Collected data:
* * * *

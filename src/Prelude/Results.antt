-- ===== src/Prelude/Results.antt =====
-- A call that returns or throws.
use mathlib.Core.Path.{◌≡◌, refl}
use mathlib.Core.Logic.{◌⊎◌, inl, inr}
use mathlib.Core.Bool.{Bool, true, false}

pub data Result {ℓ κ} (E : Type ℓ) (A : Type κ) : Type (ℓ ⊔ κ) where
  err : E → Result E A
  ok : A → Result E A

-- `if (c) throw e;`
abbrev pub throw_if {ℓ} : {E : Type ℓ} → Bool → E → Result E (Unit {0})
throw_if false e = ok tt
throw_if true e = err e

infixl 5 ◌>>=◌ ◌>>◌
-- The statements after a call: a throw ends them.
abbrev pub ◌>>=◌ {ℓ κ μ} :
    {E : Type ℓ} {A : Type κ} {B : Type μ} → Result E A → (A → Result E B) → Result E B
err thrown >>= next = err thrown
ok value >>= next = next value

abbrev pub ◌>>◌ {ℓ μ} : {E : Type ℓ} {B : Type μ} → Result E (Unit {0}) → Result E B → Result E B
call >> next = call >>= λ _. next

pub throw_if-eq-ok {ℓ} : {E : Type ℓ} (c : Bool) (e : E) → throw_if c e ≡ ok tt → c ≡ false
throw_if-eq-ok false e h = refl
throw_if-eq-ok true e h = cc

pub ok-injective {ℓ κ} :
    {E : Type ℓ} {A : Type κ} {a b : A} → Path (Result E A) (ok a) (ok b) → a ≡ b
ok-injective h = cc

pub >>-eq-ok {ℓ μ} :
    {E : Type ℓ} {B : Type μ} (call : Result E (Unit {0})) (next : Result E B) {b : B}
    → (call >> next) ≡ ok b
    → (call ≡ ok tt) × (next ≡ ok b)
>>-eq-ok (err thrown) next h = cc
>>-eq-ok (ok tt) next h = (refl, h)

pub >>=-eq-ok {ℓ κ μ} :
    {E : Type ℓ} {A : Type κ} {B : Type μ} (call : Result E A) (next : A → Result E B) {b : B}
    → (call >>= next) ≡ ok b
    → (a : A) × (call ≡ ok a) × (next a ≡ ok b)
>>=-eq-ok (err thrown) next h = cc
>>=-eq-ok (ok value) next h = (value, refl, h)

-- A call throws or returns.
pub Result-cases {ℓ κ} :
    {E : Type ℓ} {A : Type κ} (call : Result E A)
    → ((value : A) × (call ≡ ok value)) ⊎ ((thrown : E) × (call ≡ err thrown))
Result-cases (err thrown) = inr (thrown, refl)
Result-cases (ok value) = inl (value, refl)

* * * *

» AIM OF THE EXERCISE
Copy out the full set of entries without altering anything.

» OUTPUT BELOW
filename src/Prelude/Results.antt
-- ===== src/Prelude/Results.antt =====
-- A call that returns or throws.
use mathlib.Core.Path.{◌≡◌, refl}
use mathlib.Core.Logic.{◌⊎◌, inl, inr}
use mathlib.Core.Bool.{Bool, true, false}

pub data Result {ℓ κ} (E : Type ℓ) (A : Type κ) : Type (ℓ ⊔ κ) where
  err : E → Result E A
  ok : A → Result E A

-- `if (c) throw e;`
abbrev pub throw_if {ℓ} : {E : Type ℓ} → Bool → E → Result E (Unit {0})
throw_if false e = ok tt
throw_if true e = err e

infixl 5 ◌>>=◌ ◌>>◌
-- The statements after a call: a throw ends them.
abbrev pub ◌>>=◌ {ℓ κ μ} :
    {E : Type ℓ} {A : Type κ} {B : Type μ} → Result E A → (A → Result E B) → Result E B
err thrown >>= next = err thrown
ok value >>= next = next value

abbrev pub ◌>>◌ {ℓ μ} : {E : Type ℓ} {B : Type μ} → Result E (Unit {0}) → Result E B → Result E B
call >> next = call >>= λ _. next

pub throw_if-eq-ok {ℓ} : {E : Type ℓ} (c : Bool) (e : E) → throw_if c e ≡ ok tt → c ≡ false
throw_if-eq-ok false e h = refl
throw_if-eq-ok true e h = cc

pub ok-injective {ℓ κ} :
    {E : Type ℓ} {A : Type κ} {a b : A} → Path (Result E A) (ok a) (ok b) → a ≡ b
ok-injective h = cc

pub >>-eq-ok {ℓ μ} :
    {E : Type ℓ} {B : Type μ} (call : Result E (Unit {0})) (next : Result E B) {b : B}
    → (call >> next) ≡ ok b
    → (call ≡ ok tt) × (next ≡ ok b)
>>-eq-ok (err thrown) next h = cc
>>-eq-ok (ok tt) next h = (refl, h)

pub >>=-eq-ok {ℓ κ μ} :
    {E : Type ℓ} {A : Type κ} {B : Type μ} (call : Result E A) (next : A → Result E B) {b : B}
    → (call >>= next) ≡ ok b
    → (a : A) × (call ≡ ok a) × (next a ≡ ok b)
>>=-eq-ok (err thrown) next h = cc
>>=-eq-ok (ok value) next h = (value, refl, h)

-- A call throws or returns.
pub Result-cases {ℓ κ} :
    {E : Type ℓ} {A : Type κ} (call : Result E A)
    → ((value : A) × (call ≡ ok value)) ⊎ ((thrown : E) × (call ≡ err thrown))
Result-cases (err thrown) = inr (thrown, refl)
Result-cases (ok value) = inl (value, refl)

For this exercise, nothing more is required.